Tableau 2: - Aperçu de la pertinence des critères pour les régions de l'Afrique sèche.

Critère

Pertinence par sous-région

CILSS

IGADD

SADC

Ressources forestières

oui

oui

oui

Diversité biologique

oui

oui

oui

Santé et vitalité

oui + "intégrité"

oui

oui

Contribution aux cycles planétaires du carbone

NON

NON indicateur

oui

Fonctions de production

oui

oui

oui

Fonctions de protection

oui

oui

oui

Bénéfices et avantages socio-économiques

oui

oui

oui

Cadres juridique et institutionnel

oui

oui

NON

Critère supplémentaire proposé

Lutte contre la Désertification

NON

OUI4

4 Douze critères supplémentaires ont été proposés dans la Note Technique. Ces critères peuvent être répartis parmi les sept critères du tableau.

Analyse des indicateurs

24. L'analyse qui suit tient compte de tous les indicateurs formulés par les différents processus et initiatives. Les indicateurs retenus sont ceux qui sont considérés comme pertinents (ils doivent se rapporter aux objectifs de la gestion durable des forêts au Sahel), valables (ils doivent mesurer ou caractériser effectivement ce qu'ils sont censés mesurer ou évaluer), clairs (aisés, faciles à comprendre), fiables (vérifiables et objectifs), applicables (pratiques à mesurer, sans grandes contraintes techniques ou scientifiques, sans coûts administratifs, financiers ou en temps excessifs par rapport aux capacités ou priorités des pays). Ces indicateurs peuvent être quantitatifs, qualitatifs ou descriptifs.

25. Une des caractéristiques des pays africains des zones sèches est leur faible capacité institutionnelle, qui constitue un handicap pour évaluer avec fiabilité les indicateurs qui nécessitent un niveau technologique et de recherche fondamentale assez élevé. Ceci affectera la capacité de ces pays de rassembler le nombre et le type de données requises par les indicateurs. Néanmoins, il est important de souligner que les valeurs absolues de certaines indicateurs sont moins importantes que leur tendances évolutives.

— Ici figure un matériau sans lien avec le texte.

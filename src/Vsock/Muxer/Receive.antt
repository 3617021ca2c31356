-- ===== src/Vsock/Muxer/Receive.antt =====
-- `VsockMuxer::recv_pkt`, src/devices/src/virtio/vsock/unix/muxer.rs: its loop ends.
use mathlib.Core.Bool.{true≢false}
use mathlib.Core.Path.{subst}
use firecracker.Base.{
  ℕ, ◌≤◌, ◌≡◌, inl, inr, refl, ap, sym, ◌∙◌, false, not, Option, none, some, List, [], ◌∷◌, ◌++◌,
  length, if◌then◌else◌, if-split, arith,
}
use firecracker.Base.Maps.{nat_eq, get, insert, length-insert_again}
use firecracker.Vsock.PendingRx.{rst, contains}
use firecracker.Vsock.RxQ.{ConnMapKey, MuxerRx, conn_rx, MuxerRxQ}
use firecracker.Vsock.Packet.{GuestRegions, Source}
use firecracker.Vsock.Connection.{VsockConnection, has_pending_rx}
use firecracker.Vsock.Connection.Recv
use firecracker.Vsock.Muxer.{key_eq, Host, VsockMuxer, max_connections}
use firecracker.Vsock.Muxer.Mutation.{settle, acked}
use firecracker.Vsock.Muxer.Channel.{Delivery, pop_rx}
use firecracker.Vsock.Muxer.Heard.{IsHeard}
use firecracker.Vsock.Muxer.Queued.{Queued, pop-tail}
use firecracker.Vsock.Muxer.Tracked.{
  IsTracked, some_inj, get-insert_same, insert-IsTracked, head-IsTracked, tail-IsTracked,
}
use firecracker.Vsock.Muxer.Kept.{Holds, Tracks, kill_connection-Tracks, settle-Tracks}
use firecracker.Vsock.Muxer.Turns.{
  settle_quiet-Holds, acked-same, Resets, IsBehind, insert-Resets, kill_connection-IsBehind,
}

unfoldable pub tail_of : List MuxerRx → List MuxerRx
tail_of [] = []
tail_of (x ∷ xs) = xs

module _ {S W : Type 0} where
  -- The queue starts with `first`; behind it are only connections that will yield a reset.
  pub record IsTurn (first : List MuxerRx) (mx : VsockMuxer S W) : Type 0 where
    pub kept : Tracks [] mx
    pub later : List MuxerRx
    pub parts : mx.rxq.q ≡ first ++ later
    pub yields : (i : ConnMapKey) → Queued i later → Resets i mx.conn_map

  -- The head of the queue is one of the first, or will yield.
  pub head_first :
      (key : ConnMapKey) (xs first : List MuxerRx) (mx : VsockMuxer S W)
      → (t : IsTurn first mx) → mx.rxq.q ≡ conn_rx key ∷ xs
      → (Resets key mx.conn_map → ⊥)
      → (x : MuxerRx) × ((first' : List MuxerRx) × ((first ≡ x ∷ first')
            × (xs ≡ first' ++ t.later)))
  unfolding tail_of
  head_first key xs [] mx t e n =
      absurd (n (t.yields key (subst (Queued key) (sym e ∙ t.parts) (inl refl))))
  head_first key xs (x ∷ first') mx t e n = (x, (first', (refl, ap tail_of (sym e ∙ t.parts))))

  pub popped-IsTurn :
      (key : ConnMapKey) (first : List MuxerRx) (mx : VsockMuxer S W)
      → Tracks (conn_rx key ∷ []) mx
      → (later : List MuxerRx) → mx.rxq.q ≡ conn_rx key ∷ (first ++ later)
      → ((i : ConnMapKey) → Queued i later → Resets i mx.conn_map)
      → IsTurn first (pop_rx mx)
  unfolding pop_rx
  popped-IsTurn key first mx k later e y = record {
    kept = tail-IsTracked (conn_rx key) mx.conn_map mx.rxq k;
    later = later;
    parts = ap (λ (r : MuxerRxQ). r.q) (pop-tail mx.rxq (conn_rx key) (first ++ later) e);
    yields = y;
  }

  -- The loop has returned.
  abbrev pub Returns : {M : Type 0} → Option (Delivery S W M) → Type 0
  Returns none = ⊥
  Returns (some d) = Tracks [] d.muxer

module _ {S W M R : Type 0} (io : Host S W) (source : Source S) (gr : GuestRegions M R) (now : ℕ)
    (key : ConnMapKey) (c : VsockConnection S) (mx : VsockMuxer S W)
    (at : get key mx.conn_map ≡ some c) (k : Tracks [] mx) (r : Recv.Received S M)
    (h : IsHeard c r) where
  abbrev settled : VsockMuxer S W
  settled = settle io now key c (acked io key c.state r.conn) mx

  quiet-Tracks :
      (xs : List MuxerRx)
      → mx.rxq.q ≡ conn_rx key ∷ xs
      → has_pending_rx r.conn ≡ false
      → Tracks (conn_rx key ∷ []) settled
  quiet-Tracks xs e quiet =
      let few : length (insert key r.conn mx.conn_map) ≤ max_connections =
        omega (arith, k.few, length-insert_again key r.conn c mx.conn_map at) in
      let inserted =
        insert-IsTracked [] key r.conn mx.conn_map mx.rxq k h.sound few
          (λ _ p. absurd (true≢false (sym p ∙ quiet))) in
      subst (λ d. Tracks (conn_rx key ∷ []) (settle io now key c d mx))
        (sym (acked-same io key c r.conn h.waits))
        (settle_quiet-Holds io (IsTracked (conn_rx key ∷ [])) now key c r.conn mx
          (kill_connection-Tracks (conn_rx key ∷ []) key) quiet
          (head-IsTracked key xs (insert key r.conn mx.conn_map) mx.rxq e
            (λ d g.
              subst (λ (x : VsockConnection S). has_pending_rx x ≡ false)
                (some_inj (sym (get-insert_same key r.conn mx.conn_map) ∙ g)) quiet)
            inserted))

  -- The queue after the packet of a connection.
  pub heard-Tracks :
      (xs : List MuxerRx)
      → mx.rxq.q ≡ conn_rx key ∷ xs
      → Tracks [] (if not (has_pending_rx r.conn) then pop_rx settled else settled)
  unfolding pop_rx
  heard-Tracks xs e =
      if-split (Tracks []) (not (has_pending_rx r.conn))
        (λ t.
          tail-IsTracked (conn_rx key) settled.conn_map settled.rxq
            (quiet-Tracks xs e (ground (arith, t))))
        (λ _.
          subst (λ d. Tracks [] (settle io now key c d mx))
            (sym (acked-same io key c r.conn h.waits))
            (settle-Tracks io now [] key c r.conn mx at h.sound k))

  -- Without a packet, the next turn has one item less.
  pub silent-IsTurn :
      (xs first : List MuxerRx)
      → mx.rxq.q ≡ conn_rx key ∷ xs
      → (t : IsTurn first mx) → r.packet ≡ none
      → (x : MuxerRx) × ((first' : List MuxerRx) × ((first ≡ x ∷ first')
            × IsTurn first' (if not (has_pending_rx r.conn) then pop_rx settled else settled)))
  silent-IsTurn xs first e t none_yet =
      let (quiet, no_rst) = h.silent none_yet in
      let never : Resets key mx.conn_map → ⊥ = λ y. true≢false (
        sym y.1.1
        ∙ subst (λ (d : VsockConnection S). contains rst d.pending_rx ≡ false)
            (some_inj (sym at ∙ y.1.0)) no_rst) in
      let (x, (first', (e1, e2))) = head_first key xs first mx t e never in
      let start : IsBehind key first' (insert key r.conn mx.conn_map) mx.rxq = record {
        later = t.later;
        parts = e ∙ ap (λ ys. conn_rx key ∷ ys) e2;
        yields = insert-Resets key first' r.conn mx.conn_map t.later (inr never) t.yields;
        present = (r.conn, get-insert_same key r.conn mx.conn_map);
        bounded = k.bounded;
      } in
      let b : Holds (IsBehind key first') settled =
        subst (λ d. Holds (IsBehind key first') (settle io now key c d mx))
          (sym (acked-same io key c r.conn h.waits))
          (settle_quiet-Holds io (IsBehind key first') now key c r.conn mx
            (kill_connection-IsBehind key first') quiet start) in
      (
        x,
        (
          first',
          (
            e1,
            rw quiet (
                popped-IsTurn key first' settled (quiet-Tracks xs e quiet) b.later b.parts
                  b.yields),
          ),
        ),
      )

PROPOSITION DE STRATEGIES ET DE CALENDRIER POUR L'ESSAI ET L'ADAPTATION DES CRITERES ET DES INDICATEURS EN ZONES SECHES D'AFRIQUE

26. Les stratégies présentées dans les trois Notes techniques représentent une opportunité de discussion au niveau national et régional sur les critères et les indicateurs de gestion durable des ressources forestières. Egalement, des consultations intergouvernementales sont proposées avec la participation de la communauté internationale et des ONG liées à la gestion des ressources forestières.

27. Cependant, la vulgarisation de critères et indicateurs et successivement leur utilisation effective et continue ne peuvent se faire qu'à travers un processus qui doit comprendre:

- essais et adaptation des critères et indicateurs au contexte des pays des zones sèches d'Afrique;

- appropriation de l'initiative par les pays;

- utilisation maîtrisée et courante des critères et indicateurs.

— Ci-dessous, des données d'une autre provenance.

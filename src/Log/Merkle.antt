-- ===== src/Log/Merkle.antt =====
-- `Log` of nwep/src/log.rs: the merkle log in memory.
use nwep_rs.Base.{ℤ, ℕ, pos, negsuc, Bool, Bytes, ltb, ◌-◌, ◌%◌, ◌^◌, ◌==◌, if◌then◌else◌}
use nwep_rs.Error.{Result, ok, err, from_code, internal_alloc, check, ◌>>=◌}
use nwep_rs.Ffi.{Call}

-- The log of libnwep, a parameter. A handle is a pointer, 0 the null one.
pub record LogApi (W : Type 0) : Type 0 where
  pub log_create : W → ℕ × W
  pub log_append : ℕ → Bytes → W → ℤ × W
  pub log_size : ℕ → W → ℕ
  pub log_root : ℕ → W → ℤ × Bytes
  pub log_free : ℕ → W → W

-- `Log`.
pub record Log : Type 0 where
  pub raw : ℕ

-- The cast `rc as c_int`, from 64 bits to 32.
unfoldable pub as_c_int : ℤ → ℤ
as_c_int (pos n) =
    if ltb (n % 2 ^ 32) (2 ^ 31) then pos (n % 2 ^ 32) else negsuc (2 ^ 32 - 1 - n % 2 ^ 32)
as_c_int (negsuc n) =
    if ltb (n % 2 ^ 32) (2 ^ 31) then negsuc (n % 2 ^ 32) else pos (2 ^ 32 - 1 - n % 2 ^ 32)

-- The end of `append`.
unfoldable pub appended : ℤ → Result ℕ
unfolding as_c_int
appended (negsuc n) = err (from_code (as_c_int (negsuc n)))
appended (pos index) = ok index

module _ {W : Type 0} (api : LogApi W) where
  -- `Log::new`.
  unfoldable pub new : Call W Log
  new w =
      let (raw, w') = api.log_create w in
      (if raw == 0 then err internal_alloc else ok (record { raw = raw }), w')

  -- `Log::append`.
  unfoldable pub append : Log → Bytes → Call W ℕ
  unfolding appended
  append log entry w = let (rc, w') = api.log_append log.raw entry w in (appended rc, w')

  -- `Log::len`.
  unfoldable pub len : Log → W → ℕ
  len log w = api.log_size log.raw w

  -- `Log::is_empty`.
  unfoldable pub is_empty : Log → W → Bool
  unfolding len
  is_empty log w = len log w == 0

  -- `Log::root`.
  unfoldable pub root : Log → W → Result Bytes
  root log w = let (rc, bytes) = api.log_root log.raw w in check rc >>= λ _. ok bytes

  -- `Drop for Log`.
  unfoldable pub drop : Log → W → W
  drop log w = api.log_free log.raw w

28. Des actions concrètes et concertées sont à mener dans la région. Elles sont présentées en détail dans les trois notes. Cependant quelques points particuliers méritent notre attention.

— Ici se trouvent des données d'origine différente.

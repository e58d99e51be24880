-- ===== src/Sizing/Samples.antt =====
-- A producer for the tests, which asks for one byte more than it writes.
use nwep_rs.Base.{ℕ, suc, pos, ◌+◌, ◌++◌, none, some, [], Bytes, length, drop, refl, arith}
use nwep_rs.Sizing.{Producer}
use nwep_rs.Sizing.Contract.{Encodes}

abbrev pub writes : Bytes → Producer ℕ
writes enc none n w = ((pos 0, record { buf = []; len = length enc + 1 }), suc w)
writes enc (some buf) n w =
    ((pos 0, record { buf = enc ++ drop (length enc) buf; len = length enc }), suc w)

pub writes-Encodes : (enc : Bytes) (w : ℕ) → Encodes (writes enc) w (suc (suc w)) enc
writes-Encodes enc w = record {
  probed = suc w;
  size = length enc + 1;
  junk = [];
  enough = omega arith;
  probe = refl;
  fill = λ buf e. refl;
}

29. La nécessité de placer l'engagement du pays de gérer de façon durable ses ressources forestières au plus haut niveau politique. Cet engagement à un si haut niveau vient de ce que l'adoption de ces critères est un problème politique, qui affectera le bien-être social et économique de la plupart des habitants de la région. Cela facilitera aussi la présentation du consensus régional sur la gestion durable des forêts dans les réunions internationales sur ce sujet.

30. Le rôle des gouvernements devra, peut-être, être revu, des politiques de libéralisation étant peut-être nécessaires, notamment en encourageant les ONG et le secteur privé à prendre en charge certains des rôles de gestion et de suivi.

31. Un appui aux gouvernements des pays sera nécessaire pour contribuer au développement d'initiatives (sous) régionales de formulation de critères et d'indicateurs pour la gestion durable des forêts.

32. Une harmonisation entre les pays des zones sèches et avec les autres processus est nécessaire, de même que le développement de réseaux pour étudier différents aspects de la formulation des critères et indicateurs et spécialement l'identification des activités conjointes.